It is now Monday, June 1st….the day we start our cruise. We get our breakfast included ( good but cold) and mega number of cups of coffee. Good! Had to put 2 shots to make a cup but great. Then it was taking the shuttle ( this we had prepaid so was not a surprise) to Civitevecchia, the port city for Rome. It was probably at least an hour and a half drive to get there. We just sailed on through check-in…….not like Rio. Of course we sort of queue jumped because we had all upgraded to concierge so you then are allowed to do that.

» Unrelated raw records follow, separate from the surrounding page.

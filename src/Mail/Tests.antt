-- ===== src/Mail/Tests.antt =====
-- Ticks of the worker of email_worker.rs at concrete tables.
use sentinel_command.Prelude.{ℕ, ◌≡◌, ◌≤◌, refl, true, [], ◌∷◌, none, some, arith}
use sentinel_command.Interfaces.{nat_eq}
use sentinel_command.Text.{codes}
use sentinel_command.Assoc
use sentinel_command.Mail.{Status, OutboxRow, Outbox, Tick, SendResult, run_one_tick}
use sentinel_command.Mail.Settling.{is_terminal, run_ticks, run_one_tick-terminal, run_ticks_settle}
use sentinel_command.Mail.Lines.{Logged, run_one_tick-Logged}

abbrev waiting : OutboxRow
waiting = record {
  org_id = codes "a";
  recipient_email = codes "x@example.com";
  subject = codes "Camera offline";
  body_text = codes "offline";
  body_html = codes "<p>offline</p>";
  kind = codes "camera_offline";
  status = Status.pending;
  attempts = 1;
  last_attempt_at = none;
  sent_at = none;
  resend_message_id = none;
  error = none;
}

abbrev was_sent : OutboxRow
was_sent = record waiting { status = Status.sent; sent_at = some 5 }

abbrev table : Outbox
table = (1, waiting) ∷ (2, was_sent) ∷ []

abbrev table_row : Assoc.get 1 table ≡ some waiting
table_row = unfold Assoc.get in refl

abbrev table_sent : Assoc.get 2 table ≡ some was_sent
table_sent = unfold Assoc.get in refl

-- Every send fails.
abbrev failing : ℕ → Tick
failing now = record { now = now; suppression = λ _. none; send = λ _ _. SendResult.not_sent none }

run_one_tick-terminal_example :
    Assoc.get 2 (run_one_tick 10 3 (failing 100) table []).rows ≡ some was_sent
run_one_tick-terminal_example =
    run_one_tick-terminal 10 3 (failing 100) table [] 2 was_sent
      (unfold Assoc.get in (refl, (refl, tt))) table_sent refl

run_ticks_settle_example :
    (last : OutboxRow) × (Assoc.get 1 (run_ticks 10 3 (failing 100 ∷ failing 101 ∷ []) table [])
      ≡ some last)
    × (is_terminal last.status ≡ true)
    × (last.attempts ≤ 3)
run_ticks_settle_example =
    run_ticks_settle 10 3 (failing 100 ∷ failing 101 ∷ []) table [] 1 waiting
      (unfold Assoc.get in (refl, (refl, tt))) (omega arith) table_row refl (omega arith)
      (omega arith)

run_one_tick-Logged_example :
    Logged 10 (failing 100) table [] (run_one_tick 10 3 (failing 100) table [])
run_one_tick-Logged_example =
    run_one_tick-Logged 10 3 (failing 100) table [] (unfold Assoc.get in (refl, (refl, tt)))
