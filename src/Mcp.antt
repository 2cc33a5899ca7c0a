-- ===== src/Mcp.antt =====
-- backend-rs/src/mcp/scope.rs: what a key may call of the tools, and how often.
pub mod Scope
pub mod Limiter
mod Tests
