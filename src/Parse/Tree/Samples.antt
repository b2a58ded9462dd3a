-- ===== src/Parse/Tree/Samples.antt =====
-- A table of commands, for the tests of the prefix tree of src/parse.c.
use igniteircd.Prelude.{◌<◌, ◌≡◌, refl, some, List, [], ◌∷◌, codes, arith, length, All}
use igniteircd.Parse.Tree.{
  Entry, MessageTree, node, no_final, rest, no_pointers, point, tree_parse, walk, visit,
  pointers_of, newpref_size,
}
use igniteircd.Parse.Tree.Order.{IsSorted}
use igniteircd.Parse.Tree.Letter.{AllCapital}
use igniteircd.Chars.Tables.{to_upper}
use igniteircd.Mask.Compare.{same_name}

abbrev pub nick : Entry
nick = record { msg = 0; cmd = codes "NICK" }

abbrev pub notice : Entry
notice = record { msg = 1; cmd = codes "NOTICE" }

abbrev pub others : List Entry
others = record { msg = 2; cmd = codes "OPER" } ∷ record { msg = 3; cmd = codes "OPERWALL" } ∷ []

pub sorted : IsSorted (nick ∷ notice ∷ others)
sorted = ((refl, (refl, (refl, tt))), ((refl, (refl, tt)), ((refl, tt), (tt, tt))))

pub capital : AllCapital (nick ∷ notice ∷ others)
capital = ground arith

pub short : All (λ e. length e.cmd < newpref_size) (nick ∷ notice ∷ others)
short = ground arith

-- The tree for the one command NICK.
abbrev pub nick_tree : MessageTree
nick_tree = node no_final 0 (point 13 (node (rest (codes "ICK")) 0 no_pointers) no_pointers)

pub nick_found : tree_parse nick_tree (codes "Nick") ≡ some 0
unfolding tree_parse walk visit pointers_of point same_name to_upper
nick_found = refl
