-- ===== src/Parse/Samples.antt =====
-- A registered client and its messages, for the tests of `parse` of src/parse.c.
use igniteircd.Prelude.{true, false, codes}
use igniteircd.Hash.{Objects, clear_table}
use igniteircd.Channel.{stat_client}
use igniteircd.Parse.Tree.Samples.{nick_tree}
use igniteircd.Parse.Dispatch.{Message, Source, State}

abbrev pub message : Message
message = record {
  count = 0;
  parameters = 3;
  flags = 1;
  allow_unregistered_use = false;
  reset_idle = true;
  bytes = 0;
  is_list = false;
}

abbrev pub source : Source
source = record {
  status = stat_client;
  is_dead = false;
  is_empowered = false;
  doing_list = false;
  receive_m = 0;
  since = 0;
}

abbrev pub objects : Objects
objects = record { name_of = λ p. codes "Nick"; is_server_or_me = λ p. false }

abbrev pub client : State
client = record {
  stats = record { is_unpf = 0; is_wrdi = 0; is_empt = 0; is_num = 0; is_unco = 0 };
  messages = λ i. message;
  tree = nick_tree;
  source = source;
  last = λ p. 0;
  objects = objects;
  clients = clear_table;
  from_of = λ p. p;
  now = 9;
}
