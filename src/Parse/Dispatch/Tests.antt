-- ===== src/Parse/Dispatch/Tests.antt =====
-- `parse` of src/parse.c on lines of one client.
use igniteircd.Prelude.{◌≡◌, refl, arith, [], ◌∷◌, ◌++◌, codes}
use igniteircd.Chars.Tables.{is_digit, has_class}
use igniteircd.Parse.Line.Split.{line_of}
use igniteircd.Parse.Tree.Samples.{nick_found}
use igniteircd.Parse.Samples.{client}
use igniteircd.Parse.Dispatch.{Action, parse}
use igniteircd.Parse.Dispatch.Laws.{IsAllowed, parse-IsAllowed}
use igniteircd.Parse.Dispatch.Command.{parse-line_of}

parse-IsAllowed_example : IsAllowed client 1 ((parse client 1 (codes ":me NICK a :b c")).1)
parse-IsAllowed_example = parse-IsAllowed client 1 (codes ":me NICK a :b c")

parse-line_of_example :
    (parse client 1 (codes "Nick" ++ line_of (codes "new" ∷ codes ": " ∷ []))).1
    ≡ Action.call 0 1 (codes "Nick") (codes "new" ∷ codes ": " ∷ [])
unfolding is_digit has_class
parse-line_of_example =
    parse-line_of client 1 b'N' (codes "ick") (codes "new" ∷ codes ": " ∷ []) 0 refl refl refl
      (ground arith) refl nick_found (ground arith) (omega arith) (omega arith)
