-- ===== src/Parse/Tree/Loop.antt =====
-- The loop of do_msg_tree in src/parse.c over the letters.
use igniteircd.Prelude.{
  ℕ, zero, suc, ◌+◌, ◌-◌, ◌≤◌, ◌≡◌, refl, sym, ap, subst, ◌∙◌, inl, inr, true, false, List, [], ◌∷◌,
  Text, length, ◌==◌, Bool-cases, All, arith,
}
use mathlib.Core.Bool.{false≢true}
use igniteircd.Chars.Tables.{IsChar}
use igniteircd.Parse.Tree.{
  Entry, MessageTree, goes_on, letter_at, Built, built, Letters, letters, each_letter, after_letter,
  join_letters, point, no_pointers,
}
use igniteircd.Parse.Tree.Order.{
  next_char, run, beyond, From, longer, IsSorted, IsSorted-beyond, beyond-longer, From-head,
  From-parts, From-beyond, char-starts-longer,
}
use igniteircd.Parse.Tree.Visit.{find, answer, Points}
use igniteircd.Parse.Tree.Letter.{
  AllCapital, AllCapital-beyond, get_or-Capital, Grows, Fits, Fits-beyond, Fits-longer,
  Points-point, Points-nothing,
}

-- A table in order, of commands in capital letters, no longer than the prefix and the room.
pub record IsTable (room : ℕ) (p : Text) (entries : List Entry) : Type 0 where
  pub sorted : IsSorted entries
  pub capital : AllCapital entries
  pub fits : Fits room p entries

IsTable-beyond :
    (room : ℕ) (p q : Text) (entries : List Entry)
    → IsTable room p entries
    → IsTable room p (beyond q entries)
IsTable-beyond room p q entries h = record {
  sorted = IsSorted-beyond q entries h.sorted;
  capital = AllCapital-beyond q entries h.capital;
  fits = Fits-beyond room p q entries h.fits;
}

pub beyond-stop :
    (p : Text) (entries : List Entry) → goes_on p entries ≡ false → beyond p entries ≡ entries
unfolding goes_on
beyond-stop p [] f = refl
beyond-stop p (e ∷ entries) f = rw f refl

pub run-stop : (p : Text) (entries : List Entry) → goes_on p entries ≡ false → run p entries ≡ []
unfolding goes_on
run-stop p [] f = refl
run-stop p (e ∷ entries) f = rw f refl

-- What the loop over the letters makes of the entries.
abbrev pub Done : Text → List Entry → Letters → Type 0
Done p entries l =
    (pointers : ℕ → MessageTree) × (l ≡ letters pointers (beyond p entries))
    × Points pointers p (run p entries)

join_letters-Done :
    (p : Text) (i : ℕ) (t : MessageTree) (entries : List Entry) (l : Letters)
    → ((s : Text)
        → All IsChar s
        → answer t s ≡ find (length (longer p (b'A' + i))) (run (longer p (b'A' + i)) entries) s)
    → From p (b'A' + i + 1) (beyond (longer p (b'A' + i)) entries)
    → Done p (beyond (longer p (b'A' + i)) entries) l
    → Done p entries (join_letters i t l)
unfolding join_letters
join_letters-Done p i t entries l own above (pointers, e, q) = rw e (
  point i t pointers,
  ap (letters (point i t pointers)) (beyond-longer p (b'A' + i) entries),
  Points-point p i t pointers entries own above q,
)

after_letter-Done :
    (p : Text) (i : ℕ) (next : List Entry → Letters) (entries : List Entry) (b : Built)
    (t : MessageTree)
    → b ≡ built t (beyond (longer p (b'A' + i)) entries)
    → ((s : Text)
        → All IsChar s
        → answer t s ≡ find (length (longer p (b'A' + i))) (run (longer p (b'A' + i)) entries) s)
    → From p (b'A' + i + 1) (beyond (longer p (b'A' + i)) entries)
    → (goes_on p (beyond (longer p (b'A' + i)) entries) ≡ true
        → Done p
            (beyond (longer p (b'A' + i)) entries)
            (next (beyond (longer p (b'A' + i)) entries)))
    → Done p entries (after_letter p i next b)
unfolding after_letter
after_letter-Done p i next entries b t e own above more =
    let left = beyond (longer p (b'A' + i)) entries in
    rw e (elim (Bool-cases (goes_on p left)) [
      | inl g ↦ rw g (join_letters-Done p i t entries (next left) own above (more g))
      | inr g ↦ rw g (
        point i t no_pointers,
        ap (letters (point i t no_pointers))
            (sym (beyond-stop p left g) ∙ beyond-longer p (b'A' + i) entries),
        Points-point p i t no_pointers entries own above
            (subst (Points no_pointers p) (sym (run-stop p left g)) (Points-nothing p)),
      )
    ])

pub each_letter-Done :
    (build : Text → List Entry → Built) (room : ℕ) (p : Text) (n : ℕ) (entries : List Entry)
    → n ≤ 26
    → IsTable (suc room) p entries
    → goes_on p entries ≡ true
    → From p (b'A' + (26 - n)) entries
    → ((c : ℕ) (later : List Entry)
        → IsTable room (longer p c) later
        → goes_on (longer p c) later ≡ true
        → Grows build (longer p c) later)
    → Done p entries (each_letter build p n entries)
unfolding each_letter goes_on letter_at
each_letter-Done build room p n [] k h g from grows = absurd (false≢true g)
each_letter-Done build room p zero (e ∷ entries) k h g from grows = absurd (
    omega
      (arith, get_or-Capital e.cmd (length p) h.capital.0, (From-parts p 91 e entries g from).0))
each_letter-Done build room p (suc n) (e ∷ entries) k h g from grows =
    let i = 25 - n in
    let here : b'A' + (26 - suc n) ≡ b'A' + i = omega arith in
    let next : b'A' + i + 1 ≡ b'A' + (26 - n) = omega arith in
    let from_i = subst (λ c. From p c (e ∷ entries)) here from in
    elim (Bool-cases (next_char p e == b'A' + i)) [
      | inl t ↦
          let l = e ∷ entries in
          let left = beyond (longer p (b'A' + i)) l in
          let own : next_char p e ≡ b'A' + i = ground (arith, t) in
          let starts_longer = char-starts-longer p e.cmd (b'A' + i) (omega arith) g own in
          let h' : IsTable room (longer p (b'A' + i)) l = record {
            sorted = h.sorted;
            capital = h.capital;
            fits = Fits-longer room p (b'A' + i) l h.fits;
          } in
          let (tree, made, good) = grows (b'A' + i) l h' starts_longer in
          let above = From-beyond p (b'A' + i) l (omega arith) h.sorted from_i in
          rw t (
            after_letter-Done p i (each_letter build p n) l (build (longer p (b'A' + i)) l) tree
              made good above
              (λ g'.
                each_letter-Done build room p n left (omega arith)
                  (IsTable-beyond (suc room) p (longer p (b'A' + i)) l h) g'
                  (subst (λ c. From p c left) next above) grows))
      | inr f ↦
          let at_least = (From-parts p (b'A' + i) e entries g from_i).0 in
          let more : b'A' + (26 - n) ≤ next_char p e = ground (arith, at_least, f) in
          rw f (
            each_letter-Done build room p n (e ∷ entries) (omega arith) h g
              (From-head p (b'A' + (26 - n)) e entries h.sorted g more) grows)
    ]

This ship is very lovely. The reception/concierge/destinations area and grand staircase is really exquisite and so much larger than the Regatta. The staterooms are really a whole lot larger as well. Can you believe 100 square feet larger plus the balcony is bonus. Marion and Joyce have the room next to Jeanette and myself so we had the room steward open the door that separates the two on the balcony. We even have a full bathroom with soaker tub and separate shower, granite floors and walls. Gorgeous! Because we all upgraded to concierge, we have access to the private deck at the rear of the ship with a thalassotherapy pool, sauna and steam room. The weight room is huge but I believe it is open to all, upgrade or not. All this quite posh but maybe not as glamorous as in Vegas style as some of the other ship but then we don’t have to contend with huge populations. This ship has a maximum passenger quota of 1250…..twice the size of Regatta.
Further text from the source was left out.